I love it all, and so of course, I want students to love it, too.

I have taught data structures and algorithms courses for many years. I feel very fortunate to teach this particular material—to oversee students’ intellectual growth at exactly the point they begin to broaden their view of programming into a topic for deep and analytical contemplation, as a tool for technical communication, and as an instrument for mathematical expression. My teaching, via course materials and direct instruction, is intended to illustrate clarity, challenge, and fun—the things students value as they learn.

Underlying my contributions to all student interactions is an unflagging belief in constructivism—student understanding is most effectively achieved if they build it themselves (Piaget, Papert). As enrollments have grown, I have become more deliberate about the techniques I use to nurture discovery. These strategies lie at the heart of all course content design, from classroom activities, to programming assignments, to summative assessments.

  1. Contextual inference—We elicit relevant, foundational principles via Socratic dialogue, and then we pose learning goals as puzzles whose solutions depend on that context. Students employ iterative problem solving protocols (a la Polya) to support their exploration. For example, if students have already mastered the breadth first traversal of a graph, and if they have also already studied priority queues, then we can ask them to design an algorithm that finds the shortest path between pairs of vertices in a weighted graph. In solving the problem, they design Dijkstra’s Shortest Path algorithm.

  2. Metaphor—Models of computation and algorithm execution have close parallels in the physical and social domains that are familiar to students. We exploit the similarities with consistent and deliberate spatial representations of memory, by modeling algorithm execution kinesthetically and temporally, and by connecting structures and algorithms to the world of the students. For example, in one classroom exercise, I show an example of the worlds largest human pyramid, and I ask students which data structure it most nearly resembles, and why. This approach is suggested by the work of G. Lakoff and M. Johnson in “Metaphors we live by,” 1980.

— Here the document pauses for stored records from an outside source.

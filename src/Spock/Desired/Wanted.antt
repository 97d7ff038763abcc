-- ===== src/Spock/Desired/Wanted.antt =====
-- The objects of `ComputeDesired` (internal/spock/desired.go): which node each belongs to.
use mathlib.Core.List.{Memᴰ}
use pgedge_helm.Base.{◌≡◌, refl, Bool, List, [], ◌∷◌, ◌==◌, All, if_ind}
use pgedge_helm.Base.Text.{Text, text_key}
use pgedge_helm.Base.Maps.{Map, insert}
use pgedge_helm.Config.{Node, Config}
use pgedge_helm.Resource.{Identifier, identifier_key}
use pgedge_helm.Spock.Types.{Address}
use pgedge_helm.Spock.User.{PgEdgeUser, new_pgedge_user}
use pgedge_helm.Spock.SpockNode.{SpockNode, new_spock_node}
use pgedge_helm.Spock.ReplicationSlot.{ReplicationSlot, new_replication_slot}
use pgedge_helm.Spock.Subscription.{Subscription, new_subscription}
use pgedge_helm.Spock.Object.{Body, user, node, slot, subscription, Object, body_identifier}
use pgedge_helm.Spock.Desired.{
  Building, put, Conns, conn_of, add_users_and_nodes, add_peer, add_peers, is_end,
  add_populate_resources, add_new_nodes, is_filling, add_pair, add_pairs_from, add_pairs, new_nodes,
  compute_desired,
}

module _ (cfg : Config) (conns : Conns) where
  abbrev pub user_of : Node → PgEdgeUser
  user_of n = record {
    node = n;
    db_name = cfg.db_name;
    pgedge_user = cfg.pgedge_user;
    conn = conn_of conns n.name;
  }

  abbrev pub node_of : Node → SpockNode
  node_of n = record {
    node = n;
    db_name = cfg.db_name;
    pgedge_user = cfg.pgedge_user;
    conn = conn_of conns n.name;
  }

  -- The slot is at the source.
  abbrev pub slot_of : (src dst : Node) → ReplicationSlot
  slot_of src dst = record {
    provider_name = src.name;
    subscriber_name = dst.name;
    db_name = cfg.db_name;
    name_override = [];
    conn = conn_of conns src.name;
  }

  -- The subscription is at the destination.
  abbrev pub sub_of : (src dst : Node) (sync : Bool) (extra_deps : List Identifier) → Subscription
  sub_of src dst sync extra_deps = record {
    src = src;
    dst = dst;
    db_name = cfg.db_name;
    pgedge_user = cfg.pgedge_user;
    sync = sync;
    conn = conn_of conns dst.name;
    extra_deps = extra_deps;
  }

  -- Roles, nodes, slots and subscriptions are those of nodes of the configuration.
  abbrev pub IsWanted : Body → Type 0
  IsWanted (user u) = (n : Node) × Memᴰ n cfg.nodes × (u ≡ user_of n)
  IsWanted (node r) = (n : Node) × Memᴰ n cfg.nodes × (r ≡ node_of n)
  IsWanted (slot r) =
      (src dst : Node) × Memᴰ src cfg.nodes × Memᴰ dst cfg.nodes × (r ≡ slot_of src dst)
  IsWanted (subscription s) =
      (src dst : Node) × (sync : Bool) × (extra : List Identifier) × Memᴰ src cfg.nodes
      × Memᴰ dst cfg.nodes
      × (s ≡ sub_of src dst sync extra)
  IsWanted _ = Unit

  -- All entries are, and stand under the identifiers of their objects.
  abbrev pub AllWanted : Map Identifier Object → Type 0
  AllWanted = All (λ e. (e.0 ≡ body_identifier e.1.body) × IsWanted e.1.body)

  put-AllWanted :
      (body : Body) (b : Building)
      → IsWanted body
      → AllWanted b.resources
      → AllWanted (put body b).resources
  unfolding put
  put-AllWanted body b w h = insert_entry b.resources h
    where
      insert_entry :
          (m : Map Identifier Object)
          → AllWanted m
          → AllWanted (insert (body_identifier body) (record { address = b.next; body = body }) m)
      insert_entry [] k = ((refl, w), tt)
      insert_entry ((j, o) ∷ m) k =
          if_ind AllWanted (body_identifier body == j) ((refl, w), k.1) (k.0, insert_entry m k.1)

  users-AllWanted :
      (ns : List Node) (b : Building)
      → All (λ n. Memᴰ n cfg.nodes) ns
      → AllWanted b.resources
      → AllWanted (add_users_and_nodes cfg conns ns b).resources
  unfolding add_users_and_nodes new_pgedge_user new_spock_node
  users-AllWanted [] b k h = h
  users-AllWanted (n ∷ ns) b (n_in, k) h =
      users-AllWanted ns _ k
        (put-AllWanted _ _ (n, n_in, refl) (put-AllWanted _ b (n, n_in, refl) h))

  add_peer-AllWanted :
      (peer new_node : Node) (b : Building)
      → AllWanted b.resources
      → AllWanted (add_peer cfg conns peer new_node b).resources
  unfolding add_peer
  add_peer-AllWanted peer new_node b h = put-AllWanted _ _ tt (
      put-AllWanted _ _ tt (
        put-AllWanted _ _ tt (
          put-AllWanted _ _ tt (
            put-AllWanted _ _ tt
              (put-AllWanted _ _ tt (put-AllWanted _ _ tt (put-AllWanted _ b tt h)))))))

  add_peers-AllWanted :
      (peers : List Node) (new_node : Node) (b : Building)
      → AllWanted b.resources
      → AllWanted (add_peers cfg conns peers new_node b).resources
  unfolding add_peers
  add_peers-AllWanted [] new_node b h = h
  add_peers-AllWanted (peer ∷ peers) new_node b h = add_peers-AllWanted peers new_node _ (
      if_ind (λ (c : Building). AllWanted c.resources) (is_end cfg conns peer new_node) h
        (add_peer-AllWanted peer new_node b h))

  pub add_new_nodes-AllWanted :
      (fresh : Map Text Node) (b : Building) (deps : Map Text (List Identifier))
      → AllWanted b.resources
      → AllWanted (add_new_nodes cfg conns fresh (b, deps)).0.resources
  unfolding add_new_nodes add_populate_resources
  add_new_nodes-AllWanted [] b deps h = h
  add_new_nodes-AllWanted ((name, n) ∷ rest) b deps h =
      add_new_nodes-AllWanted rest (add_populate_resources cfg conns n b).0 _
        (put-AllWanted _ _ tt (put-AllWanted _ _ tt (add_peers-AllWanted cfg.nodes n b h)))

  module _ (fresh : Map Text Node) (peer_deps : Map Text (List Identifier)) where
    add_pair-AllWanted :
        (src dst : Node) (b : Building)
        → Memᴰ src cfg.nodes
        → Memᴰ dst cfg.nodes
        → AllWanted b.resources
        → AllWanted (add_pair cfg conns fresh peer_deps src dst b).resources
    unfolding add_pair new_replication_slot new_subscription
    add_pair-AllWanted src dst b src_in dst_in h =
        if_ind (λ (c : Building). AllWanted c.resources) (src.name == dst.name) h
          (put-AllWanted _ _
            (if_ind IsWanted (is_filling cfg conns fresh peer_deps src dst)
              (src, dst, _, _, src_in, dst_in, refl) (src, dst, _, _, src_in, dst_in, refl))
            (put-AllWanted _ b (src, dst, src_in, dst_in, refl) h))

    add_pairs_from-AllWanted :
        (src : Node) (dsts : List Node) (b : Building)
        → Memᴰ src cfg.nodes
        → All (λ n. Memᴰ n cfg.nodes) dsts
        → AllWanted b.resources
        → AllWanted (add_pairs_from cfg conns fresh peer_deps src dsts b).resources
    unfolding add_pairs_from
    add_pairs_from-AllWanted src [] b src_in k h = h
    add_pairs_from-AllWanted src (dst ∷ dsts) b src_in (dst_in, k) h =
        add_pairs_from-AllWanted src dsts (add_pair cfg conns fresh peer_deps src dst b) src_in k
          (add_pair-AllWanted src dst b src_in dst_in h)

    add_pairs-AllWanted :
        (srcs : List Node) (b : Building)
        → All (λ n. Memᴰ n cfg.nodes) cfg.nodes
        → All (λ n. Memᴰ n cfg.nodes) srcs
        → AllWanted b.resources
        → AllWanted (add_pairs cfg conns fresh peer_deps srcs b).resources
    unfolding add_pairs
    add_pairs-AllWanted [] b all k h = h
    add_pairs-AllWanted (src ∷ srcs) b all (src_in, k) h =
        add_pairs-AllWanted srcs (add_pairs_from cfg conns fresh peer_deps src cfg.nodes b) all k
          (add_pairs_from-AllWanted src cfg.nodes b src_in all h)

  all_members :
      (ns : List Node)
      → ((n : Node) → Memᴰ n ns → Memᴰ n cfg.nodes)
      → All (λ n. Memᴰ n cfg.nodes) ns
  all_members [] h = tt
  all_members (n ∷ ns) h = (h n (Memᴰ.head refl), all_members ns (λ m k. h m (Memᴰ.tail k)))

  pub compute_desired-AllWanted :
      (next : Address) → AllWanted (compute_desired cfg conns next).resources
  unfolding compute_desired
  compute_desired-AllWanted next =
      let members = all_members cfg.nodes (λ n m. m) in
      let b1 = add_users_and_nodes cfg conns cfg.nodes (record { resources = []; next = next }) in
      let fresh = new_nodes cfg.nodes [] in
      let filled = add_new_nodes cfg conns fresh (b1, []) in
      add_pairs-AllWanted fresh filled.1 cfg.nodes filled.0 members members (
        add_new_nodes-AllWanted fresh b1 []
          (users-AllWanted cfg.nodes (record { resources = []; next = next }) members tt))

  3. Story-telling—The learning goals of my courses include mathematical analysis and justification. Before embarking on rigorous evaluation of a structure or algorithm, I ask students how they feel about it. This conversation builds a narrative around the quality of their designs that they later mold into a formal proof. The intent of the story approach is to build reflection into the design process, and it is a standard part of most classroom exercises. We also include this reflective process in summative assessment with questions like, “Suppose your best friend boasts that they have implemented a sorting algorithm that runs in time . What is your response? a) That’s impossible. The claim holds for no sorting algorithm, b) That’s boring. The claim holds for all sorting algorithms, c) That’s interesting. The claim holds for some, but not others.” The goal of the story-telling is to evoke an emotional and empathetic response to the content. Cognitive psychologists, David Ausubel and Donald Norman, showed that such a connection with the information improves recall, over rote learning.

My typical course organization is simple and traditional, with a balance of autograded programming projects, written homeworks, collaborative lab assignments, and frequent low-stakes exams.

CPSC221: Basic Data Structures and Algorithms

This course teaches a variety of mechanisms for storing collections of data in support of computation, and discusses the advantages and disadvantages associated with the different methods. It also serves as students’ first glimpse at algorithms that lie at the heart of Computer Science. Students learn how to implement various data-storage structures and algorithms, and they learn how to evaluate their design choices. The combined arts of design, analysis, and justification are the substance of the class. While the course uses C++ for all implementation, the learning outcomes are language agnostic.

Since coming to UBC I have taught 9 sections over 3 years. Sections average 150 students.

Course Learning Outcomes:

I redesigned the course learning outcomes in Summer, 2019. They have since been refined by Will Evans and Alice Campbell.

  1. Define and articulate the functionality of classic data structures such as Stacks, Queues, Dictionaries, Priority Queues, etc. by their Abstract Data Type (ADT).
  2. Design algorithms and structures to implement novel ADTs based on properties of the data and intended use of the data.
  3. Implement classic and novel data structures in modern C++, including arrays, linked lists, AVL trees, hash tables, etc.
  4. Analyze the efficiency (time and space) of algorithms and data structures using asymptotic notation.
  5. Justify algorithmic choices using iterative and recursive proofs of correctness.
  6. Evaluate asymptotic time and space tradeoffs between implementation options.
  7. Identify the structures and algorithms necessary for solving complex problems.
  8. Synthesize and apply algorithmic and analytical design choices to form complete software solutions of classic problems.

Example Course Content

All course content was authored collaboratively with Will Evans and Geoffrey Tien.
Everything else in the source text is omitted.